DATASET ENTRIES Block Start
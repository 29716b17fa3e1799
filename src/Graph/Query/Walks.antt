-- ===== src/Graph/Query/Walks.antt =====
-- Walks along the edges that a search follows, and the depth at which it has met a node.
use mathlib.Core.List.{Memᴰ}
use ligp_v.Prelude.{
  ℕ, suc, ◌+◌, ◌≡◌, Bool, true, not, ◌&&◌, Option, none, some, arith, if◌then◌else◌, String,
  is_some, string_eq, ◌==◌, eq_iff, ap,
}
use ligp_v.Dict.{get, put, get-put}
use ligp_v.Graph.Store.{Edge, GraphStore}
use ligp_v.Graph.Query.{Row, Search, out_edges, follows, offer}

module _ {W : Type 0} (g : GraphStore W) (relation : Option String) where
  -- An edge from one node to another that the search follows.
  abbrev pub Link : String → String → Type 0
  Link u v = (e : Edge W) × Memᴰ e (out_edges u g) × (follows relation e ≡ true) × (e.to_node ≡ v)

  -- The walks from a node, by their length.
  pub data Walk (src : String) : ℕ → String → Type 0 where
    here : Walk src 0 src
    next : {n : ℕ} {u v : String} → Walk src n u → Link u v → Walk src (suc n) v

-- What one edge adds to the levels.
abbrev pub met : Option ℕ → Bool → ℕ → Option ℕ
met (some d) hit depth = some d
met none hit depth = if hit then some (depth + 1) else none

module _ {W : Type 0} (src : String) where
  abbrev pub hops_of : Option (Row W) → Option ℕ
  hops_of none = none
  hops_of (some r) = some r.hops

  -- The depth at which a node was met.
  abbrev pub level : Search W → String → Option ℕ
  level s v = if src == v then some 0 else hops_of (get v s.results)

  level-put :
      (e : Edge W) (hops : ℕ) (s : Search W) (v : String) (relation : String) (weight : W)
      → level
          (record s {
            results =
                put e.to_node
                  (record {
                    node_id = e.to_node;
                    relation = relation;
                    weight = weight;
                    hops = hops;
                  })
                  s.results;
          })
          v
        ≡ (if src == v
            then some 0
            else if e.to_node == v
            then some hops
            else hops_of (get v s.results))
  level-put e hops s v relation weight = ground (
    arith,
    get-put e.to_node v
        (record { node_id = e.to_node; relation = relation; weight = weight; hops = hops })
        s.results,
  )

  pub results-offer :
      (relation : Option String) (depth : ℕ) (e : Edge W) (s : Search W)
      → (offer relation depth e s).results ≡ (
          if follows relation e && not (is_some (get e.to_node s.results))
          then put e.to_node
              (record {
                node_id = e.to_node;
                relation = e.relation_type;
                weight = e.weight;
                hops = depth + 1;
              })
              s.results
          else s.results)
  unfolding offer
  results-offer relation depth e s = ground arith

  pub level-offer :
      (relation : Option String) (depth : ℕ) (e : Edge W) (s : Search W) (v : String)
      → level (offer relation depth e s) v
        ≡ met (level s v) (follows relation e && e.to_node == v) depth
  level-offer relation depth e s v = ground (
    arith,
    ap (get v) (results-offer relation depth e s),
    get-put e.to_node v
        (record {
          node_id = e.to_node;
          relation = e.relation_type;
          weight = e.weight;
          hops = depth + 1;
        })
        s.results,
    eq_iff e.to_node v,
  )
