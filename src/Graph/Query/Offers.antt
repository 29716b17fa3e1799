-- ===== src/Graph/Query/Offers.antt =====
-- The frontier, ordered by depth, and what one edge adds to it.
use ligp_v.Prelude.{
  ℕ, ◌+◌, ◌≡◌, ◌≤◌, Bool, not, ◌||◌, ◌&&◌, Option, List, [], ◌∷◌, ◌++◌, arith, if◌then◌else◌,
  String, contains, contains-append, string_eq, ◌==◌, eq_iff,
}
use ligp_v.Graph.Store.{Edge}
use ligp_v.Graph.Query.{Search, follows, offer}

-- Depths that do not fall along the frontier and stay between two bounds.
abbrev pub Ordered : ℕ → ℕ → List (String × ℕ) → Type 0
Ordered lo hi [] = Unit
Ordered lo hi (p ∷ rest) = (lo ≤ p.1) × (p.1 ≤ hi) × Ordered p.1 hi rest

pub Ordered-append :
    (lo hi : ℕ) (frontier : List (String × ℕ)) (v : String)
    → lo ≤ hi
    → Ordered lo hi frontier
    → Ordered lo hi (frontier ++ (v, hi) ∷ [])
Ordered-append lo hi [] v h k = (h, omega arith, tt)
Ordered-append lo hi (p ∷ rest) v h (a, b, k) = (a, b, Ordered-append p.1 hi rest v b k)

pub Ordered-mono :
    (lo hi hi' : ℕ) (frontier : List (String × ℕ))
    → hi ≤ hi'
    → Ordered lo hi frontier
    → Ordered lo hi' frontier
Ordered-mono lo hi hi' [] h k = tt
Ordered-mono lo hi hi' (p ∷ rest) h (a, b, k) = (a, omega arith, Ordered-mono p.1 hi hi' rest h k)

module _ {W : Type 0} where
  -- Whether the edge queues its end.
  abbrev pub news : Option String → Edge W → Search W → Bool
  news relation e s = follows relation e && not (contains s.visited e.to_node)

  pub frontier-offer :
      (relation : Option String) (depth : ℕ) (e : Edge W) (s : Search W)
      → (offer relation depth e s).frontier
        ≡ (if news relation e s then s.frontier ++ (e.to_node, depth + 1) ∷ [] else s.frontier)
  unfolding offer
  frontier-offer relation depth e s = ground arith

  pub visited-offer :
      (relation : Option String) (depth : ℕ) (e : Edge W) (s : Search W)
      → (offer relation depth e s).visited
        ≡ (if news relation e s then s.visited ++ e.to_node ∷ [] else s.visited)
  unfolding offer
  visited-offer relation depth e s = ground arith

  pub contains-offer :
      (relation : Option String) (depth : ℕ) (e : Edge W) (s : Search W) (v : String)
      → contains (offer relation depth e s).visited v
        ≡ (contains s.visited v || follows relation e && e.to_node == v)
  contains-offer relation depth e s v = ground (
    arith,
    visited-offer relation depth e s,
    contains-append s.visited (e.to_node ∷ []) v,
    eq_iff e.to_node v,
  )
DATASET ENTRIES Block End
§ **AIM OF THE TASK**
Each entry above is to be quoted exactly.

§ **TASK ANSWER**
repository 29716b17fa3e1799
filename src/Graph/Query/Walks.antt
-- ===== src/Graph/Query/Walks.antt =====
-- Walks along the edges that a search follows, and the depth at which it has met a node.
use mathlib.Core.List.{Memᴰ}
use ligp_v.Prelude.{
  ℕ, suc, ◌+◌, ◌≡◌, Bool, true, not, ◌&&◌, Option, none, some, arith, if◌then◌else◌, String,
  is_some, string_eq, ◌==◌, eq_iff, ap,
}
use ligp_v.Dict.{get, put, get-put}
use ligp_v.Graph.Store.{Edge, GraphStore}
use ligp_v.Graph.Query.{Row, Search, out_edges, follows, offer}

module _ {W : Type 0} (g : GraphStore W) (relation : Option String) where
  -- An edge from one node to another that the search follows.
  abbrev pub Link : String → String → Type 0
  Link u v = (e : Edge W) × Memᴰ e (out_edges u g) × (follows relation e ≡ true) × (e.to_node ≡ v)

  -- The walks from a node, by their length.
  pub data Walk (src : String) : ℕ → String → Type 0 where
    here : Walk src 0 src
    next : {n : ℕ} {u v : String} → Walk src n u → Link u v → Walk src (suc n) v

-- What one edge adds to the levels.
abbrev pub met : Option ℕ → Bool → ℕ → Option ℕ
met (some d) hit depth = some d
met none hit depth = if hit then some (depth + 1) else none

module _ {W : Type 0} (src : String) where
  abbrev pub hops_of : Option (Row W) → Option ℕ
  hops_of none = none
  hops_of (some r) = some r.hops

  -- The depth at which a node was met.
  abbrev pub level : Search W → String → Option ℕ
  level s v = if src == v then some 0 else hops_of (get v s.results)

  level-put :
      (e : Edge W) (hops : ℕ) (s : Search W) (v : String) (relation : String) (weight : W)
      → level
          (record s {
            results =
                put e.to_node
                  (record {
                    node_id = e.to_node;
                    relation = relation;
                    weight = weight;
                    hops = hops;
                  })
                  s.results;
          })
          v
        ≡ (if src == v
            then some 0
            else if e.to_node == v
            then some hops
            else hops_of (get v s.results))
  level-put e hops s v relation weight = ground (
    arith,
    get-put e.to_node v
        (record { node_id = e.to_node; relation = relation; weight = weight; hops = hops })
        s.results,
  )

  pub results-offer :
      (relation : Option String) (depth : ℕ) (e : Edge W) (s : Search W)
      → (offer relation depth e s).results ≡ (
          if follows relation e && not (is_some (get e.to_node s.results))
          then put e.to_node
              (record {
                node_id = e.to_node;
                relation = e.relation_type;
                weight = e.weight;
                hops = depth + 1;
              })
              s.results
          else s.results)
  unfolding offer
  results-offer relation depth e s = ground arith

  pub level-offer :
      (relation : Option String) (depth : ℕ) (e : Edge W) (s : Search W) (v : String)
      → level (offer relation depth e s) v
        ≡ met (level s v) (follows relation e && e.to_node == v) depth
  level-offer relation depth e s v = ground (
    arith,
    ap (get v) (results-offer relation depth e s),
    get-put e.to_node v
        (record {
          node_id = e.to_node;
          relation = e.relation_type;
          weight = e.weight;
          hops = depth + 1;
        })
        s.results,
    eq_iff e.to_node v,
  )
filename src/Graph/Query/Offers.antt
repository 29716b17fa3e1799
-- ===== src/Graph/Query/Offers.antt =====
-- The frontier, ordered by depth, and what one edge adds to it.
use ligp_v.Prelude.{
  ℕ, ◌+◌, ◌≡◌, ◌≤◌, Bool, not, ◌||◌, ◌&&◌, Option, List, [], ◌∷◌, ◌++◌, arith, if◌then◌else◌,
  String, contains, contains-append, string_eq, ◌==◌, eq_iff,
}
use ligp_v.Graph.Store.{Edge}
use ligp_v.Graph.Query.{Search, follows, offer}

-- Depths that do not fall along the frontier and stay between two bounds.
abbrev pub Ordered : ℕ → ℕ → List (String × ℕ) → Type 0
Ordered lo hi [] = Unit
Ordered lo hi (p ∷ rest) = (lo ≤ p.1) × (p.1 ≤ hi) × Ordered p.1 hi rest

pub Ordered-append :
    (lo hi : ℕ) (frontier : List (String × ℕ)) (v : String)
    → lo ≤ hi
    → Ordered lo hi frontier
    → Ordered lo hi (frontier ++ (v, hi) ∷ [])
Ordered-append lo hi [] v h k = (h, omega arith, tt)
Ordered-append lo hi (p ∷ rest) v h (a, b, k) = (a, b, Ordered-append p.1 hi rest v b k)

pub Ordered-mono :
    (lo hi hi' : ℕ) (frontier : List (String × ℕ))
    → hi ≤ hi'
    → Ordered lo hi frontier
    → Ordered lo hi' frontier
Ordered-mono lo hi hi' [] h k = tt
Ordered-mono lo hi hi' (p ∷ rest) h (a, b, k) = (a, omega arith, Ordered-mono p.1 hi hi' rest h k)

module _ {W : Type 0} where
  -- Whether the edge queues its end.
  abbrev pub news : Option String → Edge W → Search W → Bool
  news relation e s = follows relation e && not (contains s.visited e.to_node)

  pub frontier-offer :
      (relation : Option String) (depth : ℕ) (e : Edge W) (s : Search W)
      → (offer relation depth e s).frontier
        ≡ (if news relation e s then s.frontier ++ (e.to_node, depth + 1) ∷ [] else s.frontier)
  unfolding offer
  frontier-offer relation depth e s = ground arith

  pub visited-offer :
      (relation : Option String) (depth : ℕ) (e : Edge W) (s : Search W)
      → (offer relation depth e s).visited
        ≡ (if news relation e s then s.visited ++ e.to_node ∷ [] else s.visited)
  unfolding offer
  visited-offer relation depth e s = ground arith

  pub contains-offer :
      (relation : Option String) (depth : ℕ) (e : Edge W) (s : Search W) (v : String)
      → contains (offer relation depth e s).visited v
        ≡ (contains s.visited v || follows relation e && e.to_node == v)
  contains-offer relation depth e s v = ground (
    arith,
    visited-offer relation depth e s,
    contains-append s.visited (e.to_node ∷ []) v,
    eq_iff e.to_node v,
  )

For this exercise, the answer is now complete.